Differences in Sole Carbon Source Utilization of the Dental Plaque Microbiota Between Caries-Free and Caries-Affected Children

  • 1Department of Pediatric Dentistry, Peking University School and Hospital of Stomatology, Beijing, China
  • 2The Forsyth Institute, Cambridge, MA, United States
  • 3Central Laboratory, Peking University School and Hospital of Stomatology, Beijing, China
  • 4National Engineering Laboratory for Digital and Material Technology of Stomatology, Beijing Key Laboratory of Digital Stomatology, Peking University School and Hospital of Stomatology, Beijing, China

Increasing lines of evidence indicate that while microbial profile might vary, community-level metabolic potential is often more stably correlated with healthy and diseased states. Here, we investigated the community-level metabolic diversity of dental plaque microbiota from caries-free (CF) and caries-affected (CA) children by measuring their sole carbon source utilization using a Biolog assay. The dietary habits of 32 CF and 31 CA children were recorded by a questionnaire. Supragingival plaque samples were collected and inoculated into Biolog AN Microplates to assess the metabolism of sole carbon sources by plaque bacteria. The results revealed significant differences in dietary habits between CF and CA children. Meanwhile, Biolog assay showed consistently higher, albeit not statistically significant, overall metabolic activity as measured by average well color development (AWCD) value in the plaque microbiota from CA group than CF group. Most importantly, the CA group had more than twice as many core-positive carbon sources (defined as being utilized by >90% of plaque microbiota from subjects within the group) as that of the CF group (31 vs. 14), including CA group-specific, cariogenic core-positive carbon sources such as sucrose, glucose and raffinose. Furthermore, CF and CA groups could be well distinguished by cluster and principle component analyses based on the types of sole carbon sources significantly differentially utilized by the two groups. Our results indicate that plaque communities associated with caries state are more metabolically versatile than those associated with healthy state, which could contribute to differential clinical caries states. Meanwhile, Biolog could be an effective tool in revealing the community-level physiological profiles of microbiota associated with different caries states.

Introduction

The prevalence of childhood caries in China has increased in recent years, developing into an alarming situation. The Fourth National Oral Health Epidemiological Survey (Wang, 2018) (Du et al., 2018) reported that 50.8 and 71.9% of children developed caries by 3 and 5 years old, respectively.

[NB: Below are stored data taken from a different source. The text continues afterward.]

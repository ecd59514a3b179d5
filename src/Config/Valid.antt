-- ===== src/Config/Valid.antt =====
-- What a configuration that passes `validate` (src/cfg.rs) gives the fields of keys and lifecycles.
use sharded_slab.Base.{
  ℕ, ◌+◌, ◌-◌, ◌^◌, ◌≤◌, ◌<◌, ◌≡◌, refl, ap, ◌∙◌, Bool, true, ◌&&◌, leb, ltb, leb→le, ltb→lt, arith,
}
use sharded_slab.Word.Counts.{trailing_zeros, trailing_zeros-two_pow}
use sharded_slab.Pack.{bits}
use sharded_slab.Pack.Laws.{bits_lem}
use sharded_slab.Pack.Three.{first, second, third, Fits}
use sharded_slab.Config.{
  Config, initial_sz, max_shards, addr_index_shift, addr_field, tid_field, gen_field,
  ref_count_field, lifecycle_gen_field, max_refs, validate,
}
use sharded_slab.Config.Sizes.{Rounded, next_pow2_rounds, two_pow_lt_cancel}

-- The widths of the fields, as the constants `LEN` give them.
module _ (c : Config) where
  pub addr_len : (addr_field c).len ≡ c.max_pages + addr_index_shift c
  unfolding addr_field
  addr_len = refl

  pub tid_len : (tid_field c).len ≡ trailing_zeros c.width (max_shards c) + 1
  unfolding tid_field
  tid_len = refl

  pub tid_shift : (tid_field c).shift ≡ 0 + (addr_field c).len
  unfolding tid_field
  tid_shift = refl

  pub gen_len :
      (gen_field c).len ≡ c.width - c.reserved_bits - ((tid_field c).shift + (tid_field c).len)
  unfolding gen_field
  gen_len = refl

  ref_count_len : (ref_count_field c).len ≡ c.width - (2 + (gen_field c).len)
  unfolding ref_count_field
  ref_count_len = refl

and_parts :
    (p q r s t u : Bool) → (p && (q && (r && (s && (t && u))))) ≡ true → (r ≡ true) × (u ≡ true)
and_parts p q r s t u h = ground arith

-- The constants evaluate with no overflow, which the compiler refuses, and `validate` passes.
pub record IsConfig (c : Config) : Type 0 where
  pub page_size_fits : c.initial_page_size ≤ 2 ^ (c.width - 1)
  pub some_threads : 1 ≤ c.max_threads
  pub threads_fit : c.max_threads - 1 ≤ 2 ^ (c.width - 1)
  pub gen_room : c.reserved_bits + ((tid_field c).shift + (tid_field c).len) < c.width
  pub refs_room : 2 + (gen_field c).len < c.width
  pub validates : validate c ≡ true

module _ {c : Config} (v : IsConfig c) where
  open v use {page_size_fits, some_threads, threads_fit, gen_room, refs_room, validates}

  pub page_rounded : Rounded c.width c.initial_page_size
  page_rounded = next_pow2_rounds c.width c.initial_page_size (omega arith) page_size_fits

  pub threads_rounded : Rounded c.width (c.max_threads - 1)
  threads_rounded = next_pow2_rounds c.width (c.max_threads - 1) (omega arith) threads_fit

  pub initial_sz_lem : initial_sz c ≡ 2 ^ page_rounded.exponent
  unfolding initial_sz
  initial_sz_lem = page_rounded.value

  pub max_shards_lem : max_shards c ≡ 2 ^ threads_rounded.exponent
  unfolding max_shards
  max_shards_lem = threads_rounded.value

  pub trailing_zeros-max_shards : trailing_zeros c.width (max_shards c) ≡ threads_rounded.exponent
  trailing_zeros-max_shards =
      ap (trailing_zeros c.width) max_shards_lem
      ∙ trailing_zeros-two_pow c.width threads_rounded.exponent threads_rounded.in_word

  pub addr_index_shift_lem : addr_index_shift c ≡ page_rounded.exponent + 1
  unfolding addr_index_shift initial_sz
  addr_index_shift_lem =
      ap (λ (t : ℕ). t + 1)
        (ap (trailing_zeros c.width) page_rounded.value
          ∙ trailing_zeros-two_pow c.width page_rounded.exponent page_rounded.in_word)

  asserted : (leb 3 (bits (gen_field c)) ≡ true) × (ltb 1 (max_refs c) ≡ true)
  unfolding validate
  asserted = and_parts _ _ _ _ _ _ validates

  max_refs_lem : max_refs c ≡ bits (ref_count_field c) - 1
  unfolding max_refs
  max_refs_lem = refl

  pub gen_bits : 2 ≤ (gen_field c).len
  gen_bits = two_pow_lt_cancel 1 (gen_field c).len (
      omega (
        arith,
        bits_lem (gen_field c) (omega (arith, gen_len c)),
        leb→le 3 (bits (gen_field c)) asserted.0,
      ))

  pub ref_bits : 2 ≤ (ref_count_field c).len
  ref_bits = two_pow_lt_cancel 1 (ref_count_field c).len (
      omega (
        arith,
        bits_lem (ref_count_field c) (omega (arith, ref_count_len c)),
        ltb→lt 1 (max_refs c) asserted.1,
        max_refs_lem,
      ))

  pub key_Fits : Fits c.width (addr_field c).len (tid_field c).len (gen_field c).len
  key_Fits = record {
    some_low = omega (arith, addr_len c, addr_index_shift_lem);
    some_mid = omega (arith, tid_len c);
    some_high = omega (arith, gen_bits);
    all_inside = omega (arith, gen_len c, tid_shift c);
  }

  pub lifecycle_Fits : Fits c.width 2 (ref_count_field c).len (gen_field c).len
  lifecycle_Fits = record {
    some_low = omega arith;
    some_mid = omega (arith, ref_bits);
    some_high = omega (arith, gen_bits);
    all_inside = omega (arith, ref_count_len c);
  }

-- The fields as three in a row.
module _ (c : Config) where
  pub addr_field_lem : addr_field c ≡ first (addr_field c).len
  unfolding addr_field
  addr_field_lem = refl

  pub tid_field_lem : tid_field c ≡ second (addr_field c).len (tid_field c).len
  unfolding tid_field
  tid_field_lem = refl

  pub gen_field_lem : gen_field c ≡ third (addr_field c).len (tid_field c).len (gen_field c).len
  unfolding gen_field
  gen_field_lem = refl

  pub ref_count_field_lem : ref_count_field c ≡ second 2 (ref_count_field c).len
  unfolding ref_count_field
  ref_count_field_lem = refl

  pub lifecycle_gen_field_lem :
      lifecycle_gen_field c ≡ third 2 (ref_count_field c).len (gen_field c).len
  unfolding lifecycle_gen_field
  lifecycle_gen_field_lem = refl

Meanwhile, 63.8% of 3–5-year-old children drank sweetened beverages more than once per day, while only 59.9% of them brushed their teeth every day. As the most common chronic disease in children, dental caries has a multifactorial nature; it usually occurs when sugar is metabolized by certain bacteria in dental plaque resulting in increased acid production and dental demineralization, and with time forming a dental cavity.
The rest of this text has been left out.